Dataset items:
* * * * * * * * *

-- ===== src/Dht/Network/Store/Attempts.antt =====
-- The variables of the loop of Store after any number of rounds: the counts, the error and the storage
-- that follow from the addresses which were attempted.
use task_discovery_service.Prelude.{
  ℕ, zero, suc, ◌+◌, ◌≡◌, refl, sym, ap, subst, ◌∙◌, Bool, true, false, Option, none, some, List,
  [], ◌∷◌, Text, ◌==◌, text_eq, text_beq, if◌then◌else◌, if_both, any, ltb, arith, length, keep_if,
  beq→eq, beq_sym, Bool-cases, Option-cases, inl, inr,
}
use task_discovery_service.Prelude.Result.{Result, ok, err}
use task_discovery_service.Assoc.{Assoc, lookup}
use task_discovery_service.Text.{codes}
use task_discovery_service.Dht.{NodeId, Dht, ServiceRegistration}
use task_discovery_service.Dht.Ring.{add_peer, rebuild_ring}
use task_discovery_service.Dht.Storage.{or_nil, refresh, store_task}
use task_discovery_service.Dht.Network.{Message}
use task_discovery_service.Dht.Network.Store.{
  Suggestions, StoreRun, is_attempted, queue_closer, follow, on_response, contact, visit,
  store_rounds,
}

add_peer-kept :
    (sha256 : Text → NodeId) (addr : Text) (now : ℕ) (d : Dht)
    → let d' = add_peer sha256 addr now d in (d'.self ≡ d.self) × (d'.storage ≡ d.storage)
unfolding add_peer rebuild_ring
add_peer-kept sha256 addr now d = ground arith

queue_closer-kept :
    (sha256 : Text → NodeId) (task_hash : NodeId) (farthest now : ℕ)
    (attempted suggested queue : List Text) (d : Dht)
    → let d' = (queue_closer sha256 task_hash farthest now attempted suggested queue d).1 in
      (d'.self ≡ d.self) × (d'.storage ≡ d.storage)
unfolding queue_closer
queue_closer-kept sha256 task_hash farthest now attempted [] queue d = (refl, refl)
queue_closer-kept sha256 task_hash farthest now attempted (addr ∷ suggested) queue d =
    let (self, storage) = add_peer-kept sha256 addr now d in
    let (self', storage') =
      queue_closer-kept sha256 task_hash farthest now attempted suggested _
        (add_peer sha256 addr now d) in
    (self' ∙ self, storage' ∙ storage)

store_task-self :
    (task address : Text) (now : ℕ) (d : Dht) → (store_task task address now d).self ≡ d.self
unfolding store_task
store_task-self task address now d = ground arith

store_task-same :
    (task address : Text) (now : ℕ) (d d' : Dht) (storage : Assoc Text (List ServiceRegistration))
    → (store_task task address now (record d { storage = storage })).storage
      ≡ (store_task task address now (record d' { storage = storage })).storage
unfolding store_task
store_task-same task address now d d' storage =
    elim (Option-cases (refresh address now (or_nil (lookup task storage)))) [
      | inl e ↦ rw (e, store_task) refl
      | inr (es, e) ↦ rw (e, store_task) refl
    ]

store_task-storage :
    (task address : Text) (now : ℕ) (d d' : Dht)
    → d.storage ≡ d'.storage
    → (store_task task address now d).storage ≡ (store_task task address now d').storage
store_task-storage task address now d d' e =
    ap (λ st. (store_task task address now (record d { storage = st })).storage) e
    ∙ store_task-same task address now d d' d'.storage

-- No address stands twice.
abbrev pub IsDistinct : List Text → Type 0
IsDistinct [] = Unit
IsDistinct (addr ∷ addrs) = (is_attempted addr addrs ≡ false) × IsDistinct addrs

module _ {Raw : Type 0} where
  abbrev pub is_ok : Result Text (Message Raw) → Bool
  is_ok (err e) = false
  is_ok (ok resp) = resp.kind == codes "OK"

  abbrev pub error_of : Result Text (Message Raw) → Option Text → Option Text
  error_of (err e) before = some e
  error_of (ok resp) before = before

count_if :
    (b : Bool) (n : ℕ) (addr : Text) (addrs : List Text)
    → n ≡ length addrs
    → (if b then n + 1 else n) ≡ length (if b then addr ∷ addrs else addrs)
count_if true n addr addrs h = omega (arith, h)
count_if false n addr addrs h = h

same_run : {r r' : StoreRun} → some r ≡ some r' → r ≡ r'
same_run e = cc

pub ltb-any : (p : Text → Bool) (addrs : List Text) → ltb 0 (length (keep_if p addrs)) ≡ any p addrs
ltb-any p [] = refl
ltb-any p (addr ∷ addrs) = ground (arith, ltb-any p addrs)

module _ (sha256 : Text → NodeId) (k : ℕ) {Raw : Type 0} (json : Suggestions Raw)
    (send : Text → Result Text (Message Raw)) (clock : Text → ℕ) (task address : Text)
    (d : Dht) where
  -- The node itself accepts, and a peer that answers OK.
  abbrev pub accepts : Text → Bool
  accepts addr = if addr == d.self.address then true else is_ok (send addr)

  -- The error of the address that is tried last, of those that cannot be reached.
  abbrev pub last_error : List Text → Option Text
  last_error [] = none
  last_error (addr ∷ attempted) =
      let before = last_error attempted in
      if addr == d.self.address then before else error_of (send addr) before

  abbrev pub storage_after : List Text → Assoc Text (List ServiceRegistration)
  storage_after attempted =
      if is_attempted d.self.address attempted
      then (store_task task address (clock d.self.address) d).storage
      else d.storage

  pub record IsRun (r : StoreRun) : Type 0 where
    pub self_kept : r.node.self ≡ d.self
    pub counted : r.success_count ≡ length (keep_if accepts r.attempted)
    pub failed : r.last_err ≡ last_error r.attempted
    pub stored : r.node.storage ≡ storage_after r.attempted
    pub distinct : IsDistinct r.attempted

  -- What the answer of an address changes.
  record IsAnswered (answer : Result Text (Message Raw)) (r r' : StoreRun) : Type 0 where
    attempted_same : r'.attempted ≡ r.attempted
    self_same : r'.node.self ≡ r.node.self
    storage_same : r'.node.storage ≡ r.node.storage
    count_next : r'.success_count ≡ (if is_ok answer then r.success_count + 1 else r.success_count)
    error_next : r'.last_err ≡ error_of answer r.last_err

  follow-IsAnswered :
      (resp : Message Raw) (found : Option (List Text)) (now : ℕ) (queue : List Text) (r : StoreRun)
      → is_ok (ok resp) ≡ false
      → IsAnswered (ok resp) r (follow sha256 k json send clock task address found now queue r).1
  follow-IsAnswered resp none now queue r n = record {
    attempted_same = refl;
    self_same = refl;
    storage_same = refl;
    count_next = rw n refl;
    error_next = refl;
  }
  follow-IsAnswered resp (some suggested) now queue r n =
      let (self, storage) = queue_closer-kept sha256 _ _ now r.attempted suggested queue r.node in
      record {
        attempted_same = refl;
        self_same = self;
        storage_same = storage;
        count_next = rw n refl;
        error_next = refl;
      }

  response-IsAnswered :
      (answer : Result Text (Message Raw)) (now : ℕ) (queue : List Text) (r : StoreRun)
      → IsAnswered answer r (on_response sha256 k json send clock task address answer now queue r).1
  response-IsAnswered (err e) now queue r = record {
    attempted_same = refl;
    self_same = refl;
    storage_same = refl;
    count_next = refl;
    error_next = refl;
  }
  response-IsAnswered (ok resp) now queue r = elim (Bool-cases (resp.kind == codes "OK")) [
    | inl e ↦ rw e (record {
      attempted_same = refl;
      self_same = refl;
      storage_same = refl;
      count_next = rw e refl;
      error_next = refl;
    })
    | inr e ↦
        let follows = follow-IsAnswered resp (json.unmarshal_closest resp.payload) now queue r e in
        let stays = follow-IsAnswered resp none now queue r e in
        rw e (
          if_both {A = List Text × StoreRun} (λ v. IsAnswered (ok resp) r v.1) _ _ (queue, r)
            follows stays)
  ]

  self-IsRun :
      (addr : Text) (r : StoreRun)
      → IsRun r
      → is_attempted addr r.attempted ≡ false
      → (addr == d.self.address) ≡ true
      → IsRun (record {
        node = store_task task address (clock addr) r.node;
        attempted = addr ∷ r.attempted;
        success_count = r.success_count + 1;
        last_err = r.last_err;
      })
  self-IsRun addr r i new e =
      let here : addr ≡ d.self.address = beq→eq addr d.self.address e in
      let absent : is_attempted d.self.address r.attempted ≡ false =
        subst (λ a. is_attempted a r.attempted ≡ false) here new in
      let clean : r.node.storage ≡ d.storage = i.stored ∙ rw absent refl in
      let there : text_beq d.self.address addr ≡ true = beq_sym d.self.address addr ∙ e in
      record {
        self_kept = store_task-self task address (clock addr) r.node ∙ i.self_kept;
        counted = rw e (omega (arith, i.counted));
        failed = rw e i.failed;
        stored =
            rw (there, here)
              (store_task-storage task address (clock d.self.address) r.node d clean);
        distinct = (new, i.distinct);
      }

  answered-IsRun :
      (addr : Text) (r r' : StoreRun)
      → IsRun r
      → is_attempted addr r.attempted ≡ false
      → (addr == d.self.address) ≡ false
      → IsAnswered (send addr) (record r { attempted = addr ∷ r.attempted }) r'
      → IsRun r'
  answered-IsRun addr r r' i new e n =
      let there : text_beq d.self.address addr ≡ false = beq_sym d.self.address addr ∙ e in
      record {
        self_kept = n.self_same ∙ i.self_kept;
        counted =
            rw (n.attempted_same, e)
              (n.count_next ∙ count_if (is_ok (send addr)) _ addr _ i.counted);
        failed = rw (n.attempted_same, e) (n.error_next ∙ ap (error_of (send addr)) i.failed);
        stored = rw (n.attempted_same, there) (n.storage_same ∙ i.stored);
        distinct = rw n.attempted_same (new, i.distinct);
      }

  contact-IsRun :
      (addr : Text) (queue : List Text) (r : StoreRun)
      → IsRun r
      → is_attempted addr r.attempted ≡ false
      → IsRun
          (contact sha256 k json send clock task address addr queue
            (record r { attempted = addr ∷ r.attempted })).1
  unfolding contact
  contact-IsRun addr queue r i new =
      let same = ap (λ self. addr == self.address) i.self_kept in
      elim (Bool-cases (addr == r.node.self.address)) [
        | inl e ↦ rw e (self-IsRun addr r i new (sym same ∙ e))
        | inr e ↦ rw e (
            answered-IsRun addr r _ i new (sym same ∙ e) (
              response-IsAnswered (send addr) (clock addr) queue
                (record r { attempted = addr ∷ r.attempted })))
      ]

  visit-IsRun :
      (addr : Text) (queue : List Text) (r : StoreRun)
      → IsRun r
      → IsRun (visit sha256 k json send clock task address addr queue r).1
  unfolding visit
  visit-IsRun addr queue r i = elim (Bool-cases (is_attempted addr r.attempted)) [
    | inl e ↦ rw e i
    | inr e ↦ rw e (contact-IsRun addr queue r i e)
  ]

  pub store_rounds-IsRun :
      (fuel : ℕ) (queue : List Text) (r r' : StoreRun)
      → IsRun r
      → store_rounds sha256 k json send clock task address fuel queue r ≡ some r'
      → IsRun r'
  unfolding store_rounds
  store_rounds-IsRun fuel [] r r' i e = subst IsRun (same_run e) i
  store_rounds-IsRun zero (addr ∷ queue) r r' i e = cc
  store_rounds-IsRun (suc fuel) (addr ∷ queue) r r' i e =
      store_rounds-IsRun fuel _ _ r' (visit-IsRun addr queue r i) e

* * * * * * * * *

### Goal of the exercise
Output the lines above exactly, but only those between the line holding "follow-IsAnswered resp none now queue r n" and the line holding "follow-IsAnswered resp (some", inclusive.

### Solution below
  follow-IsAnswered resp none now queue r n = record {
    attempted_same = refl;
    self_same = refl;
    storage_same = refl;
    count_next = rw n refl;
    error_next = refl;
  }
  follow-IsAnswered resp (some suggested) now queue r n =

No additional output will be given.